The findings are important, Habicht says, because they delve into the less-than-obvious motives behind food aid sales and could impact how donors interpret refugee food sales and whether donors will continue to reduce rations when they observe the sale of food rations in refugee populations.
Barbara Reed, a Cornell doctoral candidate in nutritional sciences working with Habicht and the first author of the study, interviewed a wide range of refugees, camp workers and farmers in and around refugee camps near Uvira, eastern Congo (Zaire). Reed and Habicht then conducted a survey of 1,005 households, randomly selected across the camps, to quantify the nature and prevalence of buying, selling and eating patterns. The researchers also collected data in 15 representative sectors across camps to assess relative well-being.
The researchers found that, for example, about one-third of the Burundian and Rwandan refugee families that had been given maize had sold some of it. The most common reason was to buy salt, which had not been consistently distributed, and because dried maize was unfamiliar and not liked. The maize in this form also required a lot of fuel or much was lost in hand pounding, and many women complained that the maize caused diarrhea and that their children wouldn't eat it.

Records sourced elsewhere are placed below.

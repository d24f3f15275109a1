-- ===== src/Usi/TimeController/Search.antt =====
-- A whole search under the budget of TimeManager::Compute and the updates of its controller.
use jhbr.Base.{
  ◌≡◌, refl, ap, sym, ◌∙◌, ◌⊎◌, inl, inr, true, false, false≢true, Bool-cases, arith, ℤ, pos,
  lt→ltℤ, ◌≤ℤ◌, List, [], ◌∷◌, ◌++◌,
}
use jhbr.Usi.Floats.{Floats}
use jhbr.Usi.TimeManager.{TimeBudget, TimeControl, TimeOptions, compute}
use jhbr.Usi.TimeManager.Bounds.{IsScheduled}
use jhbr.Usi.TimeController.{
  proven, has_adaptive_deadline, TimeController, Snapshot, reset, track_best, update, updates,
}
use jhbr.Usi.TimeController.Stops.{Fits, Judged, judge-Judged, track_best-Fits, track_best-runs}

module _ (f d : Floats) where
  -- A stopped controller stays as it is.
  update_stopped :
      (s : Snapshot f d) (k : TimeController f d)
      → k.decision.should_stop ≡ true
      → update f d s k ≡ k
  unfolding update
  update_stopped s k e = elim (Bool-cases (has_adaptive_deadline k.budget)) [
    | inl a ↦ simp (a, e)
    | inr a ↦ simp (a, e)
  ]

  updates_stopped :
      (ss : List (Snapshot f d)) (k : TimeController f d)
      → k.decision.should_stop ≡ true
      → updates f d ss k ≡ k
  unfolding updates
  updates_stopped [] k e = refl
  updates_stopped (s ∷ ss) k e = ap (updates f d ss) (update_stopped s k e) ∙ updates_stopped ss k e

  updates-append :
      (ss ts : List (Snapshot f d)) (k : TimeController f d)
      → updates f d (ss ++ ts) k ≡ updates f d ts (updates f d ss k)
  unfolding updates
  updates-append [] ts k = refl
  updates-append (s ∷ ss) ts k = updates-append ss ts (update f d s k)

  module _ (c : TimeControl) (o : TimeOptions) (h : IsScheduled c o (compute f d c o)) where
    abbrev budget : TimeBudget f.Value
    budget = compute f d c o

    adaptive : has_adaptive_deadline budget ≡ true
    unfolding has_adaptive_deadline
    adaptive =
        let target = lt→ltℤ (pos 0) budget.target_stop_ms (omega arith) in
        let latest = lt→ltℤ (pos 0) budget.latest_search_ms (omega arith) in
        ground (arith, target, latest)

    update-Judged :
        (s : Snapshot f d) (k : TimeController f d)
        → Fits f d budget k
        → k.decision.should_stop ≡ false
        → Judged f d budget s (update f d s k)
    unfolding update
    update-Judged s k fits runs =
        let a = ap has_adaptive_deadline fits.budget ∙ adaptive in
        simp (a, runs)
          (judge-Judged f d budget s h.earliest h.target (track_best f d s k)
            (track_best-Fits f d budget s h.earliest h.target k fits)
            (track_best-runs f d budget s h.earliest h.target k ∙ runs))

    update-Fits :
        (s : Snapshot f d) (k : TimeController f d)
        → Fits f d budget k
        → Fits f d budget (update f d s k)
    update-Fits s k fits = elim (Bool-cases k.decision.should_stop) [
      | inl e ↦ rw (update_stopped s k e) fits
      | inr e ↦ (update-Judged s k fits e).fits
    ]

    updates-Fits :
        (ss : List (Snapshot f d)) (k : TimeController f d)
        → Fits f d budget k
        → Fits f d budget (updates f d ss k)
    unfolding updates
    updates-Fits [] k fits = fits
    updates-Fits (s ∷ ss) k fits = updates-Fits ss _ (update-Fits s k fits)

    reset-Fits : (in_flight : ℤ) → Fits f d budget (reset f d budget in_flight)
    unfolding reset
    reset-Fits in_flight = record { budget = refl; extension = omega arith }

    -- A search with an adaptive deadline stops by the latest search time of its budget: whatever the
    -- snapshots are, once one is taken at that time or later the controller has decided to stop, and
    -- it keeps the decision through all further snapshots.
    pub updates_by_latest :
        (in_flight : ℤ) (ss : List (Snapshot f d)) (s : Snapshot f d) (rest : List (Snapshot f d))
        → budget.latest_search_ms ≤ℤ s.elapsed_ms
        → (updates f d (ss ++ (s ∷ rest)) (reset f d budget in_flight)).decision.should_stop ≡ true
    unfolding updates
    updates_by_latest in_flight ss s rest late =
        let k = updates f d ss (reset f d budget in_flight) in
        let fits = updates-Fits ss _ (reset-Fits in_flight) in
        let now : (update f d s k).decision.should_stop ≡ true =
          elim (Bool-cases k.decision.should_stop) [
            | inl e ↦ rw (update_stopped s k e) e
            | inr e ↦ (update-Judged s k fits e).by_latest late
          ] in
        ap (λ (r : TimeController f d). r.decision.should_stop)
          (updates-append ss (s ∷ rest) (reset f d budget in_flight)
            ∙ updates_stopped rest (update f d s k) now)
        ∙ now

    -- Whether a snapshot was taken at the earliest stop or later.
    abbrev pub Reaches : List (Snapshot f d) → Type 0
    Reaches [] = ⊥
    Reaches (s ∷ ss) = (budget.earliest_stop_ms ≤ℤ s.elapsed_ms) ⊎ Reaches ss

    later_snapshots :
        (ss : List (Snapshot f d)) (k : TimeController f d)
        → Fits f d budget k
        → k.decision.should_stop ≡ false
        → (updates f d ss k).decision.should_stop ≡ true
        → ((updates f d ss k).decision.reason ≡ proven) ⊎ Reaches ss
    unfolding updates
    later_snapshots [] k fits runs e = absurd (false≢true (sym runs ∙ e))
    later_snapshots (s ∷ ss) k fits runs e =
        elim (Bool-cases (update f d s k).decision.should_stop) [
          | inl now ↦ elim ((update-Judged s k fits runs).from_earliest now) [
            | inl p ↦ inl (
                ap (λ (r : TimeController f d). r.decision.reason)
                  (updates_stopped ss (update f d s k) now)
                ∙ p)
            | inr q ↦ inr (inl q)
          ]
          | inr on ↦ elim (later_snapshots ss (update f d s k) (update-Fits s k fits) on e) [
            | inl p ↦ inl p
            | inr q ↦ inr (inr q)
          ]
        ]

    -- A search with an adaptive deadline never stops before the earliest stop of its budget, unless its
    -- best move is proven: a decision to stop has that reason, or was preceded by a snapshot at that
    -- time or later.
    pub updates_from_earliest :
        (in_flight : ℤ) (ss : List (Snapshot f d))
        → (updates f d ss (reset f d budget in_flight)).decision.should_stop ≡ true
        → ((updates f d ss (reset f d budget in_flight)).decision.reason ≡ proven) ⊎ Reaches ss
    unfolding reset
    updates_from_earliest in_flight ss e =
        later_snapshots ss (reset f d budget in_flight) (reset-Fits in_flight) refl e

"Thus, parents sold maize to buy salt, soap, vegetables, fish or cassava flour -- a much more familiar and liked food -- for their children," said Habicht.

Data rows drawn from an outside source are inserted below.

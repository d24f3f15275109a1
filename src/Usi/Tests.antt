-- ===== src/Usi/Tests.antt =====
-- The clock at a game with main time and byoyomi, with floats of three decimal places.
use jhbr.Base.{
  ℕ, ◌*◌, ◌^◌, ◌≡◌, ◌⊎◌, inl, inr, refl, true, false, false≢true, not, List, [], ◌∷◌, ◌++◌, arith,
  ℤ, pos, pos_part, ltℤ, ◌+ℤ◌, ◌-ℤ◌, ◌*ℤ◌, ◌≤ℤ◌, quot, max_ℤ, min_ℤ, clamp,
}
use jhbr.Usi.Floats.{Floats}
use jhbr.Usi.TimeManager.{
  TimeControl, TimeOptions, TimeBudget, on, compute, response_ms, active_move_cap, capped_response,
  clock_response, overhead, adapt, target_ms, pure_byoyomi, cap_only, phase_divisor, byoyomi_floor,
  earliest_ms, extends_search, extension_percent, latest_ms, compute_legacy,
}
use jhbr.Usi.TimeManager.Bounds.{IsScheduled, IsUnscheduled, compute_bounds}
use jhbr.Usi.TimeController.{proven, RootSearchSnapshot, reset, updates}
use jhbr.Usi.TimeController.Search.{Reaches, updates_by_latest, updates_from_earliest}

abbrev three_places : Floats
three_places = record {
  Value = ℤ;
  of_int = λ n. n *ℤ pos 1000;
  literal = λ n k. quot (pos (n * 1000)) (10 ^ k);
  plus = λ a b. a +ℤ b;
  minus = λ a b. a -ℤ b;
  times = λ a b. quot (a *ℤ b) 1000;
  over = λ a b. quot (a *ℤ pos 1000) (pos_part b);
  less = ltℤ;
  less_eq = λ a b. not (ltℤ b a);
  truncate = λ a. quot a 1000;
  lround = λ a. quot (a +ℤ pos 500) 1000;
  ceil = λ a. quot (a +ℤ pos 999) 1000;
}

abbrev ten_minutes : TimeControl
ten_minutes = record {
  main_time_ms = pos 600000;
  increment_ms = pos 0;
  byoyomi_ms = pos 10000;
  move_time_ms = pos 0;
  game_ply = pos 40;
  has_main_time = true;
  has_explicit_nodes = false;
  infinite = false;
  ponder = false;
}

abbrev managed : TimeOptions
managed = record {
  max_move_time_ms = pos 0;
  max_move_time_1m_ms = pos 0;
  move_overhead_ms = pos 100;
  max_extension_percent = pos 175;
  mode = on;
}

abbrev plan : TimeBudget ℤ
plan = compute three_places three_places ten_minutes managed

plan_numbers :
    (plan.target_stop_ms ≡ pos 42857)
    × (plan.latest_search_ms ≡ pos 74999)
    × (plan.response_deadline_ms ≡ pos 609900)
    × (plan.earliest_stop_ms ≡ pos 9900)
unfolding compute response_ms max_ℤ ◌-ℤ◌ ◌+ℤ◌ ◌*ℤ◌ clamp min_ℤ quot active_move_cap capped_response
    clock_response overhead adapt target_ms pure_byoyomi cap_only phase_divisor byoyomi_floor
    earliest_ms extends_search extension_percent latest_ms compute_legacy
plan_numbers = (refl, refl, refl, refl)

compute_bounds_example :
    IsUnscheduled ten_minutes managed plan ⊎ IsScheduled ten_minutes managed plan
compute_bounds_example = compute_bounds three_places three_places ten_minutes managed

plan-IsScheduled : IsScheduled ten_minutes managed plan
unfolding response_ms capped_response active_move_cap clock_response max_ℤ ◌-ℤ◌ ◌+ℤ◌ overhead clamp
plan-IsScheduled = elim compute_bounds_example [ inl u ↦ absurd (false≢true u.cause) | inr s ↦ s ]

abbrev snapshot_at : ℕ → RootSearchSnapshot ℤ
snapshot_at ms = record {
  elapsed_ms = pos ms;
  new_playouts = pos ms;
  best_index = pos 3;
  second_index = pos 1;
  best_visits = pos 500;
  second_visits = pos 400;
  best_q = pos 510;
  second_q = pos 505;
  best_proven = false;
}

late : plan.latest_search_ms ≤ℤ pos 80000
late = rw plan_numbers.1 (omega arith)

updates_by_latest_example :
    (updates three_places three_places
      ((snapshot_at 20000 ∷ []) ++ (snapshot_at 80000 ∷ snapshot_at 90000 ∷ []))
      (reset three_places three_places plan (pos 8))).decision.should_stop
    ≡ true
updates_by_latest_example =
    updates_by_latest three_places three_places ten_minutes managed plan-IsScheduled (pos 8)
      (snapshot_at 20000 ∷ []) (snapshot_at 80000) (snapshot_at 90000 ∷ []) late

abbrev stopping : List (RootSearchSnapshot ℤ)
stopping = snapshot_at 20000 ∷ snapshot_at 80000 ∷ []

stopping_stops :
    (updates three_places three_places stopping
      (reset three_places three_places plan (pos 8))).decision.should_stop
    ≡ true
stopping_stops =
    updates_by_latest three_places three_places ten_minutes managed plan-IsScheduled (pos 8)
      (snapshot_at 20000 ∷ []) (snapshot_at 80000) [] late

updates_from_earliest_example :
    ((updates three_places three_places stopping
        (reset three_places three_places plan (pos 8))).decision.reason
      ≡ proven)
    ⊎ Reaches three_places three_places ten_minutes managed plan-IsScheduled stopping
updates_from_earliest_example =
    updates_from_earliest three_places three_places ten_minutes managed plan-IsScheduled (pos 8)
      stopping stopping_stops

Similarly, more than half of the families surveyed made even trades of the vegetable oil received as food aid for more nutritious and flavorful red palm oil.

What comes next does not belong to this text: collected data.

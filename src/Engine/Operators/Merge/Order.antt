-- ===== src/Engine/Operators/Merge/Order.antt =====
-- `merge` of two sorted columns: order, and which elements are kept.
use mathlib.Core.List.{Perm, perm_middle}
use mathlib.Core.List.Perm
use locust_db.Prelude.{
  ℕ, zero, suc, ◌≡◌, refl, ap, ◌∙◌, inl, inr, Bool-cases, List, [], ◌∷◌, ◌++◌, take, append-nil,
}
use locust_db.Engine.Operators.Comparator.{
  Comparator, IsOrder, Below, IsSorted, cmp_eq_of_cmp, cmp_eq_of_not_cmp, Below-trans,
}
use locust_db.Engine.Operators.Merge.{merge}
use locust_db.Engine.Operators.Merge.Interleave.{
  tag, elems_of, interleave, interleave_left, interleave_right, merge-interleave,
}

elems_of-tag {ℓ} : {T : Type ℓ} (op : ℕ) (xs : List T) → elems_of (tag op xs) ≡ xs
elems_of-tag op [] = refl
elems_of-tag op (x ∷ xs) = ap (◌∷◌ x) (elems_of-tag op xs)

elems_of-take {ℓ} :
    {T : Type ℓ} (n : ℕ) (rows : List (ℕ × T)) → elems_of (take n rows) ≡ take n (elems_of rows)
elems_of-take zero rows = refl
elems_of-take (suc n) [] = refl
elems_of-take (suc n) ((op, x) ∷ rows) = ap (◌∷◌ x) (elems_of-take n rows)

module _ {ℓ} {T : Type ℓ} (C : Comparator T) where
  interleave-perm : (l r : List T) → Perm (elems_of (interleave C l r)) (l ++ r)
  unfolding interleave
  interleave-perm [] r = rw (elems_of-tag 0 r) Perm.rfl
  interleave-perm (x ∷ l) [] = rw (elems_of-tag 1 l, append-nil l) Perm.rfl
  interleave-perm (x ∷ l) (y ∷ r) = elim (Bool-cases (C.cmp x y)) [
    | inl c ↦ rw (interleave_left C x y l r c) (Perm.cons x (interleave-perm l (y ∷ r)))
    | inr c ↦
        let kept = Perm.cons y (interleave-perm (x ∷ l) r) in
        rw (interleave_right C x y l r c) (Perm.trans kept (Perm.symm (perm_middle (x ∷ l) r)))
  ]

  interleave-Below :
      (a : T) (l r : List T) → Below C a l → Below C a r → Below C a (elems_of (interleave C l r))
  unfolding interleave
  interleave-Below a [] r h k = rw (elems_of-tag 0 r) k
  interleave-Below a (x ∷ l) [] h k = rw (elems_of-tag 1 l) h
  interleave-Below a (x ∷ l) (y ∷ r) h k = elim (Bool-cases (C.cmp x y)) [
    | inl c ↦ rw (interleave_left C x y l r c) (h.0, interleave-Below a l (y ∷ r) h.1 k)
    | inr c ↦ rw (interleave_right C x y l r c) (k.0, interleave-Below a (x ∷ l) r h k.1)
  ]

module _ {ℓ} {T : Type ℓ} (C : Comparator T) (law : IsOrder C) where
  interleave-IsSorted :
      (l r : List T) → IsSorted C l → IsSorted C r → IsSorted C (elems_of (interleave C l r))
  unfolding interleave
  interleave-IsSorted [] r h k = rw (elems_of-tag 0 r) k
  interleave-IsSorted (x ∷ l) [] h k = rw (elems_of-tag 1 l) h
  interleave-IsSorted (x ∷ l) (y ∷ r) h k = elim (Bool-cases (C.cmp x y)) [
    | inl c ↦
        let x_le_y = cmp_eq_of_cmp C law x y c in
        rw (interleave_left C x y l r c) (
          interleave-Below C x l (y ∷ r) h.0 (x_le_y, Below-trans C law x y r x_le_y k.0),
          interleave-IsSorted l (y ∷ r) h.1 k,
        )
    | inr c ↦
        let y_le_x = cmp_eq_of_not_cmp C law x y c in
        rw (interleave_right C x y l r c) (
          interleave-Below C y (x ∷ l) r (y_le_x, Below-trans C law y x l y_le_x h.0) k.0,
          interleave-IsSorted (x ∷ l) r h k.1,
        )
  ]

  -- Of two columns that are sorted by the comparator, `merge` returns the first `limit` elements
  -- of a sorted rearrangement of both columns together.
  pub merge_lem :
      (left right : List T) (limit : ℕ)
      → IsSorted C left
      → IsSorted C right
      → (all : List T) × Perm all (left ++ right)
        × IsSorted C all
        × ((merge C left right limit).0 ≡ take limit all)
  merge_lem left right limit h k = (
    elems_of (interleave C left right),
    interleave-perm C left right,
    interleave-IsSorted left right h k,
    ap (λ p. p.0) (merge-interleave C left right limit)
        ∙ elems_of-take limit (interleave C left right),
  )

The refugees with the lowest income were nearly twice as likely to sell food because refugees who had other income could make essential purchases without having to sell their food rations, he said.
"Instead of reacting negatively to the refugee trade of food commodities, I think donors should recognize it as a legitimate coping strategy and support markets in refugee camps," Habicht said. "Permitting the use of food as a medium of exchange would increase the value of the food sold and decrease the cost of basic purchases because such exchanges would no longer be on the black market. By forbidding such markets, the poorest families are deprived of making better use of the few resources they have."
Habicht also calls for closer monitoring when food relief supplies are distributed. "Salt was supposed to have been distributed to the refugees in Zaire, but it was not. As a result, the most destitute had to barter away a fourth of their starvation diet for one day's supply of salt. To make matters worse, donors misinterpreted the trading and reduced food rations for refugees by 20 percent."
Reed, who was a geologist for 13 years, received her master's degree in human nutrition from Cornell in 1993. She then took a leave of absence to survey the effects of land mines in Afghanistan and Cambodia. She is now back at Cornell working on her doctoral degree; her dissertation will address the coping mechanisms of refugees in Africa.
The study was supported by the United Nations High Commissioner for Refugees.